Suppose there are a finite number of disjoint unit-radii disks in the
plane, each spinning clockwise or counterclockwise at the same
angular velocity.
The plane is filled with a thin fluid layer,
and the disks can be viewed as spinning fan blades
determining vectors of fluid motion tangent to the disks.
Is the resulting flow and vector field throughout the plane known?
My initial intuition is that there should be something like a
Voronoi diagram demarcating boundaries of regions of influence.
But in exploring a bit I find it may even be nontrivial to
determine the flow between just two counter-rotating vortices.
For example, the following image was
computed by Paul Nylander
based on a paper by
O.S. Kerr and J.W. Dold,
"Periodic Steady Vortices in a Stagnation Point Flow,"
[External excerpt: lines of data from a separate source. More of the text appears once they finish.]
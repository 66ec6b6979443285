-- ===== src/Glue/Coming.antt =====
-- An output that comes and goes again, in include/mono/ext.h.
use monowm.Base.{
  ℕ, zero, suc, ◌≡◌, refl, sym, ap, ◌∙◌, Bool, false, not, List, [], ◌∷◌, ◌++◌, ◌==◌, map, keep,
  keep-append, any_of, append_assoc, append-nil, ==_refl, arith,
}
use monowm.Ext.State.{Env}
use monowm.Wm.State.{tagcount}
use monowm.Status.Send.{Texts}
use monowm.Glue.Desk.{
  Desk, ExtWorkspace, ext_workspace_create, create_tags, with_group, ext_workspace_createmon,
  ext_workspace_cleanupmon,
}

-- The tags of an output's workspaces, in order.
abbrev pub tags_shown : ℕ → Desk → List ℕ
tags_shown m d =
    map (λ (w : ExtWorkspace). w.tag) (keep (λ (w : ExtWorkspace). w.m == m) d.ext_workspaces)

abbrev others : ℕ → Desk → List ExtWorkspace
others m d = keep (λ (w : ExtWorkspace). not (w.m == m)) d.ext_workspaces

-- Consecutive tags, from one on.
abbrev pub tags_from : ℕ → ℕ → List ℕ
tags_from zero i = []
tags_from (suc n) i = i ∷ tags_from n (suc i)

map-tag_append :
    (xs ys : List ExtWorkspace)
    → map (λ (w : ExtWorkspace). w.tag) (xs ++ ys)
      ≡ map (λ (w : ExtWorkspace). w.tag) xs ++ map (λ (w : ExtWorkspace). w.tag) ys
map-tag_append [] ys = refl
map-tag_append (x ∷ xs) ys = rw (map-tag_append xs ys) refl

keep-none :
    (p : ExtWorkspace → Bool) (ws : List ExtWorkspace)
    → any_of p ws ≡ false
    → (keep p ws ≡ []) × (keep (λ w. not (p w)) ws ≡ ws)
keep-none p [] e = (refl, refl)
keep-none p (w ∷ ws) e = ground (arith, keep-none p ws)

module _ (T : Texts) (m : ℕ) where
  created-others : (i : ℕ) (d : Desk) → others m (ext_workspace_create T i m d) ≡ others m d
  unfolding ext_workspace_create
  created-others i d =
      keep-append (λ (w : ExtWorkspace). not (w.m == m)) d.ext_workspaces
        (record { tag = i; m = m; handle = d.manager.next } ∷ [])
      ∙ rw (==_refl m) (append-nil (others m d))

  created-tags :
      (i : ℕ) (d : Desk) → tags_shown m (ext_workspace_create T i m d) ≡ tags_shown m d ++ i ∷ []
  unfolding ext_workspace_create
  created-tags i d =
      let w : ExtWorkspace = record { tag = i; m = m; handle = d.manager.next } in
      ap (map (λ (x : ExtWorkspace). x.tag))
        (keep-append (λ (x : ExtWorkspace). x.m == m) d.ext_workspaces (w ∷ []))
      ∙ map-tag_append (keep (λ (x : ExtWorkspace). x.m == m) d.ext_workspaces)
          (keep (λ (x : ExtWorkspace). x.m == m) (w ∷ []))
      ∙ rw (==_refl m) refl

  create_tags-others : (n i : ℕ) (d : Desk) → others m (create_tags T n i m d) ≡ others m d
  unfolding create_tags
  create_tags-others zero i d = refl
  create_tags-others (suc n) i d =
      create_tags-others n (suc i) (ext_workspace_create T i m d) ∙ created-others i d

  create_tags-tags :
      (n i : ℕ) (d : Desk) → tags_shown m (create_tags T n i m d) ≡ tags_shown m d ++ tags_from n i
  unfolding create_tags
  create_tags-tags zero i d = sym (append-nil (tags_shown m d))
  create_tags-tags (suc n) i d =
      create_tags-tags n (suc i) (ext_workspace_create T i m d)
      ∙ ap (λ (ts : List ℕ). ts ++ tags_from n (suc i)) (created-tags i d)
      ∙ append_assoc (tags_shown m d) (i ∷ []) (tags_from n (suc i))

  -- If an output has no workspaces yet, it has one for each of the nine tags, in order, after it
  -- comes, and if it then goes, the list of workspaces is the one from before.
  pub cleanupmon-createmon :
      (env : Env) (d : Desk)
      → any_of (λ (w : ExtWorkspace). w.m == m) d.ext_workspaces ≡ false
      → (tags_shown m (ext_workspace_createmon T env m d) ≡ tags_from tagcount 1)
        × ((ext_workspace_cleanupmon env m (ext_workspace_createmon T env m d)).ext_workspaces
            ≡ d.ext_workspaces)
  unfolding ext_workspace_createmon ext_workspace_cleanupmon with_group
  cleanupmon-createmon env d e =
      let (none_yet, all_other) = keep-none (λ (w : ExtWorkspace). w.m == m) d.ext_workspaces e in
      (
        create_tags-tags tagcount 1 (with_group env m d)
            ∙ ap
                (λ (ws : List ExtWorkspace).
                  map (λ (w : ExtWorkspace). w.tag) ws ++ tags_from tagcount 1)
                none_yet,
        create_tags-others tagcount 1 (with_group env m d) ∙ all_other,
      )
J. Fluid Mech., 276, 307-325 (1994).
As I am quite unschooled in this topic, pointers to relevant literature might suffice. Thanks!
Edit1. I've now asked a revised version of this question on Math Overflow, incorporating the clarifying suggestions of Rahul. I might hit a fluid dynamics expert there.
Edit2. Thanks to Rahul and David Bar Moshe here, and Willie Wong and Bob Terrell on MO, I have a much broader understanding of the problem, and could likely compute a numerical solution if needed. I appreciate the help!